EDIT: please do not respond yet; I posted too soon and there were lots of errors in my post. Please let me fix them real quick

Okay thanks to everyone who helped so far. I have tried to come up with an answer:

I made the sidewalk be the y axis and the meadow the positive x direction and the field the negative x direction. So if the pedestrian walks a certain distance up or down the sidewalk (y-axis) and then cuts into the field then the x distance he walks can be found with the equation

x = (-5/4)y +5 for if he walks in negative y direction and then cuts into the meadow, and
x = (5/4)y -5 for if he walks in positive y direction and cuts into the meadow...

these can be rearranged for y to give y = -(5/4)x + 5 and y = (5/4)x -5

The pedestrian could also cover a semicircle of area with a radius of 4 if he did not use the technique of walking on the path before cutting into the meadow. The equation we could use for the area he could cover with this technique would be x ≤ +√(16-y^2)

so the area in the meadow he could cover can be summed up with these 3 equations:

y -(5/4)x ≥-5 for walking up in the positive y direction before cutting into the meadow
y + (5/4)x ≤ 5 for walking in the negative y direction before cutting into the meadow
x ≤ +√(16-y^2) for semicircle that could be covered

I don't feel like this is right, can you guys give me another push in the right direction? Your initial posts were very helpful

Last edited: Dec 14, 2011
7. Dec 14, 2011

### Staff: Mentor

I think forget about the semicircle. Think of an escaping prisoner (in leg-irons, of course). How far away could he get in one hour, dragging himself through any combination of vegetations and pathway? Plot ALL the paths; there will be overlap of some with others.

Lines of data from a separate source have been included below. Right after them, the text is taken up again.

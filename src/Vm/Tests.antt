-- ===== src/Vm/Tests.antt =====
-- Runs of virtualization/vms/vm.c on small inputs.
use homeserver_os.Base.{◌≡◌, refl, [], ◌∷◌, ◌++◌, some, arith, replicate}
use homeserver_os.Base.Int.{pos}
use homeserver_os.Base.Text.{codes}
use homeserver_os.Base.Table.{update_first, find_first, write_at}
use homeserver_os.Base.Table.Slots.{All-replicate}
use homeserver_os.Vm.{
  Vms, Vm, Disk, stopped, running, bios, uefi, create, delete, get, mac, init, start_vm,
  start as vm_start, answer, fill_vm,
}
use homeserver_os.Vm.Create.{IsValid, IsSlot, HasArrays, HasPath}
use homeserver_os.Vm.Control.{start, perform, Moved, perform-Moved}
use homeserver_os.Vm.Delete.{Deleted, delete-Deleted}
use homeserver_os.Vm.Reach.{HasStorage, Reach, here, next, created, IsSettled, Reach-IsSettled}

abbrev no_disk : Disk
no_disk = record { path = replicate 256 0; size_gb = 0; is_boot_disk = 0 }

abbrev blank : Vm
blank = record {
  id = 0;
  name = replicate 64 0;
  state = stopped;
  firmware = bios;
  cores = 0;
  threads_per_core = 0;
  size_mb = 0;
  ballooning_enabled = 0;
  disks = replicate 8 no_disk;
  disk_count = 0;
  network = record { bridge = replicate 32 0; mac_address = replicate 18 0; enabled = 0 };
  created_time = 0;
  started_time = 0;
  cpu_usage = 0;
  memory_usage = 0;
  uptime = 0;
}

blank-HasArrays : HasArrays blank
blank-HasArrays = record {
  name_size = refl;
  disks_size = refl;
  paths = All-replicate HasPath 8 no_disk refl;
  disks_fit = omega arith;
}

-- The memory as the program is loaded.
abbrev loaded : Vms
loaded = record { vms = replicate 32 blank; count = 0; next_id = 1; max = pos 5 }

loaded-HasStorage : HasStorage loaded
loaded-HasStorage = record {
  storage = refl;
  buffers = All-replicate HasArrays 32 blank blank-HasArrays;
}

abbrev builder : Vm
builder = record blank { id = 1; size_mb = 2048; cores = 2 }

abbrev one : Vms
one = record loaded { vms = builder ∷ replicate 31 blank; count = 1; next_id = 2 }

one-IsValid : IsValid one
one-IsValid = record {
  storage = refl;
  within = omega arith;
  ids = omega arith;
  slots = (
    record { arrays = blank_arrays; not_starting = λ e. cc; not_stopping = λ e. cc },
    All-replicate IsSlot 31 blank
        (record { arrays = blank-HasArrays; not_starting = λ e. cc; not_stopping = λ e. cc }),
  );
  small = omega arith;
}
  where
    blank_arrays : HasArrays builder
    blank_arrays = record {
      name_size = refl;
      disks_size = refl;
      paths = All-replicate HasPath 8 no_disk refl;
      disks_fit = omega arith;
    }

found_one : get 1 one ≡ some builder
unfolding get find_first
found_one = refl

mac_of_42 : mac 42 ≡ codes "52:54:00:04:20:01" ++ (0 ∷ [])
unfolding mac
mac_of_42 = refl

started : (vm_start 1 one).0 ≡ pos 0
unfolding vm_start answer update_first start_vm
started = refl

perform-Moved_example :
    (t : Vms) × (perform start 1 one ≡ (pos 0, t)) × Moved start 1 builder running one t
perform-Moved_example = perform-Moved start 1 one one-IsValid builder running found_one refl

delete-Deleted_example : (t : Vms) × (delete 1 one ≡ (pos 0, t)) × Deleted 1 one t
delete-Deleted_example = delete-Deleted 1 one one-IsValid builder found_one

-- A machine as it comes out of `vm_create`.
abbrev created_vm : Vm
created_vm = fill_vm 1 (codes "web") uefi 2 512 (record blank { state = stopped; id = 0 })

history : (t : Vms) × Reach (init loaded) t × (get 1 t ≡ some created_vm)
unfolding init create get find_first write_at fill_vm
history = (
  record (init loaded) { vms = created_vm ∷ replicate 31 blank; count = 1; next_id = 2 },
  next here (created (codes "web") uefi 2 512 1 (omega arith) refl),
  refl,
)

Reach-IsSettled_example : IsSettled created_vm
Reach-IsSettled_example =
    Reach-IsSettled loaded history.0 1 created_vm loaded-HasStorage history.1 history.2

We are interested in just the locus of the end points of all of these possible routes.

8. Dec 15, 2011

K I waited too long to edit but here are the corrected equations.

http://www4d.wolframalpha.com/Calculate/MSP/MSP16919ib17h96ag5cc2300000d64f3e5e18hf591?MSPStoreType=image/gif&s=45&w=169&h=37 [Broken]
and

for the field

http://www3.wolframalpha.com/Calculate/MSP/MSP36019ib182dg3g1ef3a000023ahf29hi45d52d5?MSPStoreType=image/gif&s=2&w=180&h=36 [Broken]
and
http://www3.wolframalpha.com/Calculate/MSP/MSP192219ib14g3bi9bcbd200004518e1a7288daf20?MSPStoreType=image/gif&s=40&w=123&h=22 [Broken]

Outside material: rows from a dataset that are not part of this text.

-- ===== src/Lib.antt =====
-- f4kvs-ffi: a Go key-value store over the LSM engine f4kvs-lsm, through a C interface in Rust.
--
-- The program's parts and how they interact. `F4KVS` (go/f4kvs.go) holds a handle to an engine.
-- Its methods take a read lock, turn Go strings and slices into C memory, call a function of
-- crates/f4kvs-ffi/src/lib.rs, and turn the result code and the thread's last message into a Go
-- error. Those functions check the pointers, lengths, texts and counts and drive f4kvs-lsm, which
-- is not in this repository. `Transaction` (go/transaction.go) stages writes in a Go map, reads
-- through it, and on `Commit` sends all puts and then all deletes as two batches. The program in
-- bench/embed_vs_sqlite loads an engine, reads it back, beside a SQLite
-- database, writes the measured rows to files, and fails if a restarted engine lost rows.
--
-- Which file models which part.
--   Prelude: Boolean tests, lists, maps as lists of entries, calls with a state and errors, ints.
--     Prelude.After states what holds after a call that succeeds; Prelude.Members and Decimal are
--     on lists without repetition and on decimal numerals.
--   Ffi.Text: C strings, `CStr::from_ptr` and UTF-8. Ffi.Lsm: f4kvs-lsm as a parameter, the
--     record `Lsm` of its operations and the record `LsmLaws` of what the proofs rely on (a map
--     `view` of what is stored that reads tell and writes change; a failed write promises
--     nothing). Ffi.Memory: an engine in memory that meets the laws, for runs.
--   Ffi.Calls: the functions of crates/f4kvs-ffi/src/lib.rs that Go calls, under their names
--     without the prefix f4kvs_; `CSide` is the engine behind the handle and the message slot.
--   Ffi.Options, Ffi.Open: the options in memory, what they change in a configuration, and the
--     functions that open an engine; the record `Opening` is what they use of f4kvs-lsm.
--     Ffi.Options.Layout and Ffi.Options.Applied are theorems.
--   Engine: the methods of `F4KVS`, in the order of go/f4kvs.go. Engine.Stored, Engine.Batch,
--     Engine.Loops, Scan, Closed, Limits and BatchLimits are theorems on them;
--     Engine.Refinement states the contract as a map. Engine.Options, Engine.Open: `OpenOptions`
--     and the functions that open an engine; Engine.Asked and
--     Engine.Opened are theorems on them.
--   Transaction: the methods of `Transaction`; Transaction.Split, Visible and Lifecycle are
--     theorems.
--   Lock: the RWMutex of `F4KVS` with any number of goroutines, those that wait for it
--     among them, as a step relation;
--     Lock.Invariant, Safety and Progress are theorems.
--   The rest is the program in bench/embed_vs_sqlite, main.go and de_out.go.
--   Bench.Batching: batch sizes and the loop over slices; Bench.Slices, Loaded and Limit are
--     theorems. Bench.Profiles: the choice of profiles.
--   Bench.Keys, Payload: the keys and the payloads that a run loads.
--   Bench.Run: the disk and the clock under a run, and the calls of the engine. Bench.Phases and
--     EnginePhases: `benchF4KVS` and the four functions it calls. Bench.Sqlite: `benchSQLite` and
--     `benchSQLiteChunkBatched`. Bench.Restart: `benchF4KVSPostRestart` and
--     `benchSQLitePostRestart`; Restart.Held, Loading, Counting, Kept, Integrity and DbIntegrity are
--     theorems on what is on disk between the load and the count.
--   Bench.Phase, Report, Compare: measured rows, result lines, the integrity gate, and the
--     comparisons of two profiles. Bench.Manifest: what is written of a run. Bench.Writer:
--     `RunWriter` from `NewRunWriter` to `Finalize`; Writer.Laws, Staged and Published are theorems.
--   Bench.Texts, Repo: `FindRepoRoot`, `CollectGitInfo`, `CollectHostInfo`, `FormatHarnessCommand`.
--   Bench.Plan, Runs, Main: the flags, the runs they choose, and `main` up to the exit status;
--     Runs.Selected and Main.Passed are theorems. Bench.Rows are theorems on which rows each phase
--     gives. Bench.Machine: a disk, a database and files in memory, for runs.
--   Bench.ReadTax: bench/ffi_read_tax/main.go; ReadTax.Found, Calls and Ends are theorems.
--   Files whose name ends in Tests run the definitions and apply the theorems to concrete inputs.
--
-- Conventions. A Go string or slice of bytes is the list of its bytes; a nil slice is the empty
-- one. A map is a list of entries whose order is the order of a `range` loop, and the theorems
-- hold for every order. Engine and Transaction are the
-- calls of one goroutine that stays on its thread (the message slot belongs to the thread); Lock
-- has the interleavings. A panic is an outcome. Sizes of C memory are not bounded, but `GoBytes`
-- casts a length to 32 bits, which is written out. Messages are data with the arguments of their
-- formats. The pointers to non-empty Go slices are not null, so that the tests for null arrays
-- are left out, as is the test of the result of `C.malloc`, which cgo never lets be nil. The
-- names of profiles, phases and metrics are texts, and `float64` is a parameter with the
-- operations that the program uses.
--
-- Parameters. `Disk` are the directories with how an engine opens on one and what a closed engine
-- leaves there; `Sql` is database/sql with its SQLite driver; `Files` the calls of package os on
-- the files of a run; `Host` git, sysctl, the environment and the files of the repository. The
-- clock is the sequence of the microseconds that the measurements give, the entropy source a
-- sequence of bytes. `fatal` and `os.Exit` are an error that ends the program, without its deferred
-- calls.
--
-- Bounds and fuel. The loop over slices has as much fuel as there are keys; each pass takes at
-- least one. The loop of `FindRepoRoot` has as much fuel as the path has components, and one more:
-- each pass drops one component. Every other loop is structural recursion.
--
-- Not modelled: f4kvs-lsm itself (its configuration has the fields that the options change); C
-- functions that Go does not call, and the registry of allocations; printing (`printTable` and the
-- progress on the standard error), the parsing of flags, `filepath.Clean` (paths are taken as they
-- are put together); the text of a time and of JSON; the two probes of
-- bench/embed_vs_sqlite, which its build leaves out; the build without cgo.
pub mod Prelude
pub mod Ffi
pub mod Engine
pub mod Transaction
pub mod Lock
pub mod Bench
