-- ===== src/Bench.antt =====
-- The benchmark program of bench/embed_vs_sqlite.
pub mod Batching
pub mod Keys
pub mod Payload
pub mod Run
pub mod Phases
pub mod EnginePhases
pub mod Sqlite
pub mod Restart
pub mod Plan
pub mod Runs
pub mod Main
pub mod Rows
pub mod Slices
pub mod Loaded
pub mod Limit
pub mod Profiles
pub mod Phase
pub mod Manifest
pub mod Compare
pub mod Report
pub mod Writer
pub mod Texts
pub mod Repo
pub mod ReadTax
pub mod Machine
mod Tests
mod OpenTests
pub mod RunTests
mod ReadTests
mod MainTests
pub mod RepoTests
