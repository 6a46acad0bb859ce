-- ===== src/Prelude/Dict.antt =====
-- A Go map as the list of its entries. The order of the list is the order in which one `range`
-- loop visits the entries; it is arbitrary in Go, and the theorems hold for every order.
use mathlib.Core.Path.{◌≡◌, refl}
use mathlib.Core.Bool.{Bool, true, false, ◌||◌}
use mathlib.Core.Option.{Option, none, some}
use mathlib.Core.List.{List, [], ◌∷◌, ◌++◌}
use native.Mathlib.Omega.{arith}
use f4kvs_ffi.Prelude.Tests.{Eq, ◌==◌, if◌then◌else◌}

abbrev pub Assoc {ℓ} : Type ℓ → Type ℓ → Type ℓ
Assoc K V = List (K × V)

module _ {ℓ} {K V : Type ℓ} ⦃e : Eq K⦄ where
  -- `m[k]`
  abbrev pub lookup : K → Assoc K V → Option V
  lookup k [] = none
  lookup k ((j, v) ∷ m) = if j == k then some v else lookup k m

  -- `m[k] = v`
  abbrev pub insert : K → V → Assoc K V → Assoc K V
  insert k v [] = (k, v) ∷ []
  insert k v ((j, w) ∷ m) = if j == k then (j, v) ∷ m else (j, w) ∷ insert k v m

  -- No key stands twice, as in every Go map.
  abbrev pub Distinct : Assoc K V → Type ℓ
  Distinct [] = Unit
  Distinct ((k, v) ∷ m) = (lookup k m ≡ none) × Distinct m

  pub lookup-insert :
      (k j : K) (v : V) (m : Assoc K V)
      → lookup j (insert k v m) ≡ (if k == j then some v else lookup j m)
  lookup-insert k j v [] = refl
  lookup-insert k j v ((i, w) ∷ m) =
      ground (arith, e.beq_iff k j, e.beq_iff i k, e.beq_iff i j, lookup-insert k j v m)

  pub insert-Distinct : (k : K) (v : V) (m : Assoc K V) → Distinct m → Distinct (insert k v m)
  insert-Distinct k v [] h = (refl, tt)
  insert-Distinct k v ((i, w) ∷ m) h =
      ground (arith, insert-Distinct k v m h.1, lookup-insert k i v m, e.beq_iff i k, e.beq_iff k i)

  -- `delete(m, k)`
  abbrev pub erase : K → Assoc K V → Assoc K V
  erase k [] = []
  erase k ((j, w) ∷ m) = if j == k then erase k m else (j, w) ∷ erase k m

  pub lookup-erase :
      (k j : K) (m : Assoc K V) → lookup j (erase k m) ≡ (if k == j then none else lookup j m)
  lookup-erase k j [] = ground arith
  lookup-erase k j ((i, w) ∷ m) =
      ground (arith, e.beq_iff k j, e.beq_iff i k, e.beq_iff i j, lookup-erase k j m)

-- Whether a list holds a key.
abbrev pub contains {ℓ} : {K : Type ℓ} ⦃e : Eq K⦄ → List K → K → Bool
contains [] k = false
contains (j ∷ ks) k = if j == k then true else contains ks k

pub contains-append {ℓ} :
    {K : Type ℓ} ⦃e : Eq K⦄ (xs ys : List K) (j : K)
    → contains (xs ++ ys) j ≡ (contains xs j || contains ys j)
contains-append [] ys j = refl
contains-append (x ∷ xs) ys j = ground (arith, contains-append xs ys j)
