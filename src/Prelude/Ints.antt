-- ===== src/Prelude/Ints.antt =====
-- A Go `int` that may be negative, over the native numbers.
use Prim.Native.Nat.{ℕ}

pub data ℤ : Type 0 where
  pos : ℕ → ℤ
  -- `negsuc n` is - (n + 1)
  negsuc : ℕ → ℤ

I don't see how it would be possible for the pedestrian to reach a point not covered by those inequalities. Once again this is treating the sidewalk as the y-axis, the meadow as the positive x direction, and the field as the negative x direction.

Last edited by a moderator: May 5, 2017
9. Dec 15, 2011

### Staff: Mentor

Your straight line equations look right, defining the outer limits of his location after 1 hour.

I don't know how complicated you want to make it. For example, he's allowed to spend some time in the meadow then cross over into the field, and perhaps duck back into the meadow, too?

10. Dec 15, 2011

but if you draw lines 4 or 3 km (for meadow and field) long coming from the starting point in all directions, there are some points the pedestrian could reach that are not taken care of by the straight line equations. That's why i thought a semicircle with a radius of 3 and 4 km was necessary as well.

Well since the inequalities have less than or equal to, I thought it would be sufficient to find the outermost points the pedestrian could reach, and then assume he could also reach all the points within those outer boundaries?

11. Dec 15, 2011

### Staff: Mentor

Now I see what you mean. fooplot sketch

So the extent of his reach will be farther than those straight lines. Indeed, for their entire length except their points of intersection with the axes.